Enhancing the Photovoltaic Performance of Cu2ZnSn(S,Se)4 Solar Cells with Ba Trace Doping: Large Chemical Mismatch Cation Incorporation

Abstract

Being absent from larger mismatch of ionic radius and chemical coordination between the cations in Cu2ZnSn(S,Se)4 (CZTSSe) can aggravate the formation of detrimental cation antisite defects and clusters with low formation energy, which results in a serious open‐circuit voltage deficit and a challenge for higher power conversion efficiency of CZTSSe solar cells. External cation doping or alloying is a more effective strategy to solve this issue. Herein, samples of trace Ba doping into CZTSSe are fabricated by the sol–gel method and the mechanism of such trace Ba doping are studied combined by X‐ray diffraction (XRD), Raman, and photoluminescence (PL) measurements.

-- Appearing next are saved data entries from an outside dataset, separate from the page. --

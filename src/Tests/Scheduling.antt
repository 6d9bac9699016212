-- ===== src/Tests/Scheduling.antt =====
-- The scheduler on a database with two nodes.
use hambo.Base.{
  differ, if◌then◌else◌, false, List, [], ◌∷◌, ◌≡◌, refl, ok, err, Error, dec_string, some, arith,
  ◌⊎◌, All,
}
use hambo.Base.Names
use hambo.Store.{Entry}
use hambo.Store.Memory.{Memory, find, erase, put, entries}
use hambo.Store.Collection.{get_tx, update_tx, list_tx, decode_all, decode_entry}
use hambo.Model.Container.{Container, pending, running}
use hambo.Model.Node.{Node, is_reachable}
use hambo.Model.Token.{Metadata}
use hambo.Queue.{new_memory_queue, add}
use hambo.Queue.Invariant.{IsValid, add-IsValid, new_memory_queue-IsValid}
use hambo.Watch.{new_node_watcher}
use hambo.Scheduler.{
  Captured, Scheduled, err_no_reachable_nodes, assign, assign_tx, select, tally, consider, count_of,
  bump,
}
use hambo.Scheduler.Choice.{IsNamed}
use hambo.Scheduler.Assign.{Outcome, assign_tx-Outcome}
use hambo.Scheduler.Effect.{assign-effect, told}
use hambo.Scheduler.Progress.{Placed, IsWritable, assign_tx-Placed}
use hambo.Tests.Fixtures.{
  Db, collections, collections-AreLawful, no_faults, node_named, container_on, busy_db,
}

abbrev node_entries : List (Entry Node)
node_entries =
    record { key = "a"; value = node_named "a" } ∷ record { key = "b"; value = node_named "b" } ∷ []

abbrev container_entries : List (Entry Container)
container_entries =
    record { key = "c1"; value = container_on "c1" "a" running }
    ∷ record { key = "c2"; value = container_on "c2" "" pending }
    ∷ []

abbrev placed_db : Db
placed_db = record busy_db {
  containers =
      some (("c2", container_on "c2" "b" pending) ∷ ("c1", container_on "c1" "a" running) ∷ []);
}

node_entries-IsNamed : All IsNamed node_entries
unfolding dec_string
node_entries-IsNamed = (differ "a" "" refl, (differ "b" "" refl, tt))

assign_tx-Outcome_example :
    Outcome collections 110 "c2"
      (container_on "c2" "" pending)
      node_entries
      container_entries
      (record { retry = false; assigned_node_id = "b" })
      busy_db
      placed_db
unfolding assign_tx get_tx update_tx list_tx find put erase entries decode_all decode_entry select
    tally consider count_of bump dec_string is_reachable
assign_tx-Outcome_example =
    assign_tx-Outcome collections collections-AreLawful 110 "c2" (container_on "c2" "" pending)
      node_entries container_entries (record { retry = false; assigned_node_id = "b" }) busy_db
      placed_db refl refl refl refl node_entries-IsNamed refl

scheduled : Scheduled (Memory Node) (Memory Container) (Memory Metadata)
unfolding add dec_string Names.insert Names.contains
scheduled = record {
  system = record { queue = add "c2" new_memory_queue; timers = [] };
  database = busy_db;
  watcher = new_node_watcher;
}

scheduled-IsValid : IsValid scheduled.system.queue
unfolding scheduled add
scheduled-IsValid = add-IsValid "c2" new_memory_queue new_memory_queue-IsValid

assign-effect_example :
    ((e : Error) × (assign collections no_faults 110 "c2" busy_db new_node_watcher
        ≡ (err e, busy_db, new_node_watcher)))
    ⊎ ((v : Captured) × (db' : Db) × (assign_tx collections 110 "c2" busy_db ≡ ok (v, db'))
        × (assign collections no_faults 110 "c2" busy_db new_node_watcher ≡ (
          (if v.retry then err err_no_reachable_nodes else ok tt),
          db',
          told v new_node_watcher,
        )))
assign-effect_example = assign-effect collections no_faults 110 "c2" busy_db new_node_watcher

busy_db-IsWritable : IsWritable collections "c2" busy_db
unfolding update_tx find put erase dec_string
busy_db-IsWritable value = (some (("c2", value) ∷ ("c1", container_on "c1" "a" running) ∷ []), refl)

assign_tx-Placed_example :
    Placed collections 110 "c2"
      (container_on "c2" "" pending)
      node_entries
      container_entries
      busy_db
unfolding get_tx find list_tx entries erase decode_all decode_entry dec_string is_reachable
assign_tx-Placed_example =
    assign_tx-Placed collections collections-AreLawful 110 "c2" (container_on "c2" "" pending)
      node_entries container_entries busy_db refl refl refl refl node_entries-IsNamed
      busy_db-IsWritable (λ none_of. absurd (ground (arith, none_of.0)))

The performance of CZTSSe solar cells is increased by 25.7% as 1% Ba is doped into CZTSSe to substitute Zn. The results highlight the roles of the trace Ba doping on the performance of CZTSSe solar cells, which is beneficial to the reduced formation of the detrimental defects and associated clusters. As a consequence, the bandgap fluctuations are reduced, which results in the improvement of V OC and thus the performance of the solar cell. The cation substitution engineering with larger chemical mismatched alkaline‐earth metal cations provides insights for further improvement of CZTSSe solar cells based on earth abundant elements.